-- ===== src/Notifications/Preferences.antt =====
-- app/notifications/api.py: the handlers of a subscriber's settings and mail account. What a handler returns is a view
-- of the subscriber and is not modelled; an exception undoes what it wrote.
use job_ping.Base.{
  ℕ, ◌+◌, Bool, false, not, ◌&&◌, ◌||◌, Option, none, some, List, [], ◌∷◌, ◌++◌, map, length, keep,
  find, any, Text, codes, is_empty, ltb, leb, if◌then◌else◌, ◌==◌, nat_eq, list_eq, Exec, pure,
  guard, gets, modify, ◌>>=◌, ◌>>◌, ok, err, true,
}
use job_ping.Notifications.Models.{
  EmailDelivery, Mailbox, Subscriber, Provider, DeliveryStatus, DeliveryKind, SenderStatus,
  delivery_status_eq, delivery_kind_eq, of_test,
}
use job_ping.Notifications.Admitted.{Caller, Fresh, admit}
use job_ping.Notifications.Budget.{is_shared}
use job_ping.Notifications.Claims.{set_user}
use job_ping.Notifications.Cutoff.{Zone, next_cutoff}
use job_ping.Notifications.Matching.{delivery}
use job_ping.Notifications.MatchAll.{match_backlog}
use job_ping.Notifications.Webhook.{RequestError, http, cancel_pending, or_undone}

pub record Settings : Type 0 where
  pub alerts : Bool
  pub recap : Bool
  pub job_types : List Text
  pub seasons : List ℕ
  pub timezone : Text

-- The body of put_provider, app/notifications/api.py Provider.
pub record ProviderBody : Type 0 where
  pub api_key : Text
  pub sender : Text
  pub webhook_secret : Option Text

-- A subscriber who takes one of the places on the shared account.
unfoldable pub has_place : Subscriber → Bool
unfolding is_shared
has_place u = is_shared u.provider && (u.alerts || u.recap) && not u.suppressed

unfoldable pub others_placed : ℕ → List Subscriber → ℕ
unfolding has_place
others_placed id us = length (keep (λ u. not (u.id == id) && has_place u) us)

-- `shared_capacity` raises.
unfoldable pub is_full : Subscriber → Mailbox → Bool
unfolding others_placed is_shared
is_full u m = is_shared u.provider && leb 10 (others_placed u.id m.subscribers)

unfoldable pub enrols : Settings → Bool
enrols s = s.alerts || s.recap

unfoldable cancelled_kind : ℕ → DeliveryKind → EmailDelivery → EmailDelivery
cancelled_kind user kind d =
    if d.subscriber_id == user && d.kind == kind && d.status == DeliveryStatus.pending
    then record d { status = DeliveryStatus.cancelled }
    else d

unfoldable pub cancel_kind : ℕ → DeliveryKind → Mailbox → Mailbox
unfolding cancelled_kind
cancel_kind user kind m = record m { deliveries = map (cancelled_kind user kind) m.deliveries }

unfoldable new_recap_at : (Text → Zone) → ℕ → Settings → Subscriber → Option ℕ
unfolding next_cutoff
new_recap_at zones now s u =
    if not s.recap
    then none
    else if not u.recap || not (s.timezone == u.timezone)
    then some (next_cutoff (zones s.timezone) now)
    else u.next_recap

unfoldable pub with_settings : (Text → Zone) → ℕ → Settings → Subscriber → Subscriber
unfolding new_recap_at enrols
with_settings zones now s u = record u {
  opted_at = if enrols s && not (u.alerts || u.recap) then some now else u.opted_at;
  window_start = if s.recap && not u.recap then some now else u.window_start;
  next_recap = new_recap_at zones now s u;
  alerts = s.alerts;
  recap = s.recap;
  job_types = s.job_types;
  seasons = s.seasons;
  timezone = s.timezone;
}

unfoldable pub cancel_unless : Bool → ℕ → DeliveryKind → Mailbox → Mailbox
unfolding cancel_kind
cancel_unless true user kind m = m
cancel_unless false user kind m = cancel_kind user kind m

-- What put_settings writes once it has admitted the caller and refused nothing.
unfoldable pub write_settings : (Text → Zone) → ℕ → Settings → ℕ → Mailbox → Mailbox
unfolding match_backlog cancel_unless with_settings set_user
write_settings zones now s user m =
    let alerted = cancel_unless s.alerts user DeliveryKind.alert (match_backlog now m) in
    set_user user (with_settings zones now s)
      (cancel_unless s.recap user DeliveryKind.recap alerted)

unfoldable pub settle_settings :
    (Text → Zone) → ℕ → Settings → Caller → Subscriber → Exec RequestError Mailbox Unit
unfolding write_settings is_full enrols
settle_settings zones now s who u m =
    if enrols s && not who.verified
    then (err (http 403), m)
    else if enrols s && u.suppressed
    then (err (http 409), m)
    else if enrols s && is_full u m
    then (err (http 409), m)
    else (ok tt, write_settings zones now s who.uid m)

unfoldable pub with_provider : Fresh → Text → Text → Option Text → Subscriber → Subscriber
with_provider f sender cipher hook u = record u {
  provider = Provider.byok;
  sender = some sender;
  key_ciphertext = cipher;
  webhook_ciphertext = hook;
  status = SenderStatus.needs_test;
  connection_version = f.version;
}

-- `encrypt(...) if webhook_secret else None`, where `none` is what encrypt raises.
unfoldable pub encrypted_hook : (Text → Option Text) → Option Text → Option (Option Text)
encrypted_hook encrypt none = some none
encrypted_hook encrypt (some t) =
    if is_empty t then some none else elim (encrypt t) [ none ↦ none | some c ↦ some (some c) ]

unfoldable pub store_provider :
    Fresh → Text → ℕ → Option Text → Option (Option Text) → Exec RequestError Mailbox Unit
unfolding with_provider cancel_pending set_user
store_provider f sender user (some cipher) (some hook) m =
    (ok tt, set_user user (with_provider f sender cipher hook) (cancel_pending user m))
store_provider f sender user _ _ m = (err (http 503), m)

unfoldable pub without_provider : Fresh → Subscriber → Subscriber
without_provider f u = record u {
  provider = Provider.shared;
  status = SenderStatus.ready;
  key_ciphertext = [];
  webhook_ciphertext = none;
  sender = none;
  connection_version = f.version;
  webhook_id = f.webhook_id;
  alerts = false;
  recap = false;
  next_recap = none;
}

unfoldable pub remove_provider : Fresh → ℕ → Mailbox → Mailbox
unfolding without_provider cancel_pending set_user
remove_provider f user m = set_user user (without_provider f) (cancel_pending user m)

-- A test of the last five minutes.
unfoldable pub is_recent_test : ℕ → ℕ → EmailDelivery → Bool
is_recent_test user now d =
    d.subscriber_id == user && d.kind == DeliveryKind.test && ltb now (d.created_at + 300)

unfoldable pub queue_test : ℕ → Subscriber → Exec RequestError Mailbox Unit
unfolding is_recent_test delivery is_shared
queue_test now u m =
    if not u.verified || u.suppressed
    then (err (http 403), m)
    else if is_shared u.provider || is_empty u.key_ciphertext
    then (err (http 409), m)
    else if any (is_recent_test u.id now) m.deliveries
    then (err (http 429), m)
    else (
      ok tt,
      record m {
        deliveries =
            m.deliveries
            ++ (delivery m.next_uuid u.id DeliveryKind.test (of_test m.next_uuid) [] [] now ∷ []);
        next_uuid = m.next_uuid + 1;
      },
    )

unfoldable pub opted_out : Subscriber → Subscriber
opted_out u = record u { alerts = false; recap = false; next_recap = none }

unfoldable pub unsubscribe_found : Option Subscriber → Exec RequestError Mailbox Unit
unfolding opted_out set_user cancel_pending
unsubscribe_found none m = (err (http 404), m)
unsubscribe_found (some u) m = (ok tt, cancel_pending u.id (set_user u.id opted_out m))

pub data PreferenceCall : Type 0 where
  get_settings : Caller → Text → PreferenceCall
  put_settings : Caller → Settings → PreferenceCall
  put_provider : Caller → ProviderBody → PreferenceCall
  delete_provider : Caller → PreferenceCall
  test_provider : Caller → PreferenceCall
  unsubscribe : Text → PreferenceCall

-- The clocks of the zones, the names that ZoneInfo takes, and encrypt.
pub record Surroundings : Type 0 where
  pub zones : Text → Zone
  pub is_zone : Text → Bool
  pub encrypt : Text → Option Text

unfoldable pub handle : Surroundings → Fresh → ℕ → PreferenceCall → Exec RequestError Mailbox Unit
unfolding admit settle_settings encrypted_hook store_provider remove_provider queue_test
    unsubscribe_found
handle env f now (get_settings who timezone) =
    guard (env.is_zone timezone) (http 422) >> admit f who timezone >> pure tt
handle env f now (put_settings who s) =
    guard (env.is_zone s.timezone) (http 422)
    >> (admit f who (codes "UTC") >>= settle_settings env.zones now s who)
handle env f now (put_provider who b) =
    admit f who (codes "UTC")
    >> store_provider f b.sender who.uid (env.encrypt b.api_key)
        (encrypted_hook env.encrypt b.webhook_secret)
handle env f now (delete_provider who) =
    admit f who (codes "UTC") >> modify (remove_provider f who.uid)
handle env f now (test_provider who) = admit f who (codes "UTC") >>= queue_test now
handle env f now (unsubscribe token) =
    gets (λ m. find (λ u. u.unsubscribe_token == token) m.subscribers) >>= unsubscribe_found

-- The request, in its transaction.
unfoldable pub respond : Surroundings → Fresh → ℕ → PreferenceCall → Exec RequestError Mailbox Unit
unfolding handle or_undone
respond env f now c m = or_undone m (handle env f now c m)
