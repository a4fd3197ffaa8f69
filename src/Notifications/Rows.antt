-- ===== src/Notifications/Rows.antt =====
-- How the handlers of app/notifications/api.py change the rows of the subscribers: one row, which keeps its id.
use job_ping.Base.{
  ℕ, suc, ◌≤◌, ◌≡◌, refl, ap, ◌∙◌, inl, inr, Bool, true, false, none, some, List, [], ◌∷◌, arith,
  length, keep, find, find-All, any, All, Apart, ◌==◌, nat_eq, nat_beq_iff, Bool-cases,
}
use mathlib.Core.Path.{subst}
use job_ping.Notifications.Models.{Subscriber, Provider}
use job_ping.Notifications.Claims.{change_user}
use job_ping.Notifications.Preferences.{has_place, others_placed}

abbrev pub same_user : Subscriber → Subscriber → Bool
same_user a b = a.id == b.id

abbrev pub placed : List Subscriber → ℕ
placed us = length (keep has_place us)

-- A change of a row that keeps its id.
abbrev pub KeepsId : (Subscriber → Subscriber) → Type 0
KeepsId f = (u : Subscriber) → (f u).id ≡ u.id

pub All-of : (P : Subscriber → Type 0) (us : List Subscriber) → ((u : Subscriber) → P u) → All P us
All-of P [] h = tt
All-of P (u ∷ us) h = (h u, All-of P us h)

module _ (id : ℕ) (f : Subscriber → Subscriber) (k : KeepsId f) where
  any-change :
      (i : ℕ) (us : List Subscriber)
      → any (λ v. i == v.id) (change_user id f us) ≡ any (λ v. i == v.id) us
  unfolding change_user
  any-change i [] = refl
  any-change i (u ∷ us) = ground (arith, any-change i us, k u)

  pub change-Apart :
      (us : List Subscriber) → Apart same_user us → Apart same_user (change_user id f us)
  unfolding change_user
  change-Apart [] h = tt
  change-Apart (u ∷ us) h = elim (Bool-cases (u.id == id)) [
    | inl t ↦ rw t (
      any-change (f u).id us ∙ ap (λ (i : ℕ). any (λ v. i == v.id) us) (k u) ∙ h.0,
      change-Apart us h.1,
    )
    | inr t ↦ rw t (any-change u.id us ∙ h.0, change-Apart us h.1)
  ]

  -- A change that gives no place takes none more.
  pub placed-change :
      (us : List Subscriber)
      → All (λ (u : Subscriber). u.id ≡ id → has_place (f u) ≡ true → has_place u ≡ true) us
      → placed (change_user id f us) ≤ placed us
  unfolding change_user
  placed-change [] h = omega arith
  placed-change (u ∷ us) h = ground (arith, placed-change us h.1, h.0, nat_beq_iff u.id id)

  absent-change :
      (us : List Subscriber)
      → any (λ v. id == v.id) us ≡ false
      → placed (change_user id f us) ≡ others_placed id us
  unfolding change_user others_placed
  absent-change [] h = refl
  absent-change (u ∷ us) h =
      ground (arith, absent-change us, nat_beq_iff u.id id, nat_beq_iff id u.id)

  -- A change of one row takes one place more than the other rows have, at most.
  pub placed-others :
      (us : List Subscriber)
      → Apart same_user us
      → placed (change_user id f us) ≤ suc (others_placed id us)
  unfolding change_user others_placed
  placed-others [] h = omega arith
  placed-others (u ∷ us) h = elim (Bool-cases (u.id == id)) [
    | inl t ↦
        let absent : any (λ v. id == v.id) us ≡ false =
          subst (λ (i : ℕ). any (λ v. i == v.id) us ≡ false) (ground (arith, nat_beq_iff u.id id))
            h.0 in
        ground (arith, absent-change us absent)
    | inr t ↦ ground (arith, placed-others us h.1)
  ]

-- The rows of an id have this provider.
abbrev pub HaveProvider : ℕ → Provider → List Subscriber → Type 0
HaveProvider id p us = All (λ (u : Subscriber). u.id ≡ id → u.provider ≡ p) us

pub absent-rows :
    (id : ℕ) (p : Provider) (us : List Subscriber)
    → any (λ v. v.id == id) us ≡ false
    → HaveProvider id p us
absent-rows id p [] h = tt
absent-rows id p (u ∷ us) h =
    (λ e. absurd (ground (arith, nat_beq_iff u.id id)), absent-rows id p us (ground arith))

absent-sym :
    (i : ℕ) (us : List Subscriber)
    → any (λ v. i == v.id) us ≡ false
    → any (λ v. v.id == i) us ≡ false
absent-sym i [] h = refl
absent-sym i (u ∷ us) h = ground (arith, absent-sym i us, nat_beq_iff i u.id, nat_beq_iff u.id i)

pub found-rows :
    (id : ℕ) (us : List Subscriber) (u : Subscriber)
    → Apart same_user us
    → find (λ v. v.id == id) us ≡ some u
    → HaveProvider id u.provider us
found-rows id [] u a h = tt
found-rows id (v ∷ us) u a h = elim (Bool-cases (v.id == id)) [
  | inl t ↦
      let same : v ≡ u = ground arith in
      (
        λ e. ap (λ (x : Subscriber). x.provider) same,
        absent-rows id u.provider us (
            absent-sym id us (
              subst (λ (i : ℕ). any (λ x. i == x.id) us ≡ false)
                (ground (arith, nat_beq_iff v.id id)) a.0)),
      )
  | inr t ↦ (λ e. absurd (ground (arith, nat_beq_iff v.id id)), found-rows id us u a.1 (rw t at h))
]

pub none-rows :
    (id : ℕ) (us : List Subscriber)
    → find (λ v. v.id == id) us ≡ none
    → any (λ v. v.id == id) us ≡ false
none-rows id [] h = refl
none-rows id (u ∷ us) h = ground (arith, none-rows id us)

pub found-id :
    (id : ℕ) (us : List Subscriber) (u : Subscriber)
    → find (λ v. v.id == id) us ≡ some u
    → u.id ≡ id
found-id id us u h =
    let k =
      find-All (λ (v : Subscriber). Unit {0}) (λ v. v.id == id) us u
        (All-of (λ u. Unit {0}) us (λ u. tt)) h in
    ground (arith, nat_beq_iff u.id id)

PROBLEM DETAILS —
From the records above, quote only the lines running from the line with "-- app/notifications/api.py: the" to the line with "unfolding has_place", both lines included.

THE COMPLETED TASK —
-- app/notifications/api.py: the handlers of a subscriber's settings and mail account. What a handler returns is a view
-- of the subscriber and is not modelled; an exception undoes what it wrote.
use job_ping.Base.{
  ℕ, ◌+◌, Bool, false, not, ◌&&◌, ◌||◌, Option, none, some, List, [], ◌∷◌, ◌++◌, map, length, keep,
  find, any, Text, codes, is_empty, ltb, leb, if◌then◌else◌, ◌==◌, nat_eq, list_eq, Exec, pure,
  guard, gets, modify, ◌>>=◌, ◌>>◌, ok, err, true,
}
use job_ping.Notifications.Models.{
  EmailDelivery, Mailbox, Subscriber, Provider, DeliveryStatus, DeliveryKind, SenderStatus,
  delivery_status_eq, delivery_kind_eq, of_test,
}
use job_ping.Notifications.Admitted.{Caller, Fresh, admit}
use job_ping.Notifications.Budget.{is_shared}
use job_ping.Notifications.Claims.{set_user}
use job_ping.Notifications.Cutoff.{Zone, next_cutoff}
use job_ping.Notifications.Matching.{delivery}
use job_ping.Notifications.MatchAll.{match_backlog}
use job_ping.Notifications.Webhook.{RequestError, http, cancel_pending, or_undone}

pub record Settings : Type 0 where
  pub alerts : Bool
  pub recap : Bool
  pub job_types : List Text
  pub seasons : List ℕ
  pub timezone : Text

-- The body of put_provider, app/notifications/api.py Provider.
pub record ProviderBody : Type 0 where
  pub api_key : Text
  pub sender : Text
  pub webhook_secret : Option Text

-- A subscriber who takes one of the places on the shared account.
unfoldable pub has_place : Subscriber → Bool
unfolding is_shared
has_place u = is_shared u.provider && (u.alerts || u.recap) && not u.suppressed

unfoldable pub others_placed : ℕ → List Subscriber → ℕ
unfolding has_place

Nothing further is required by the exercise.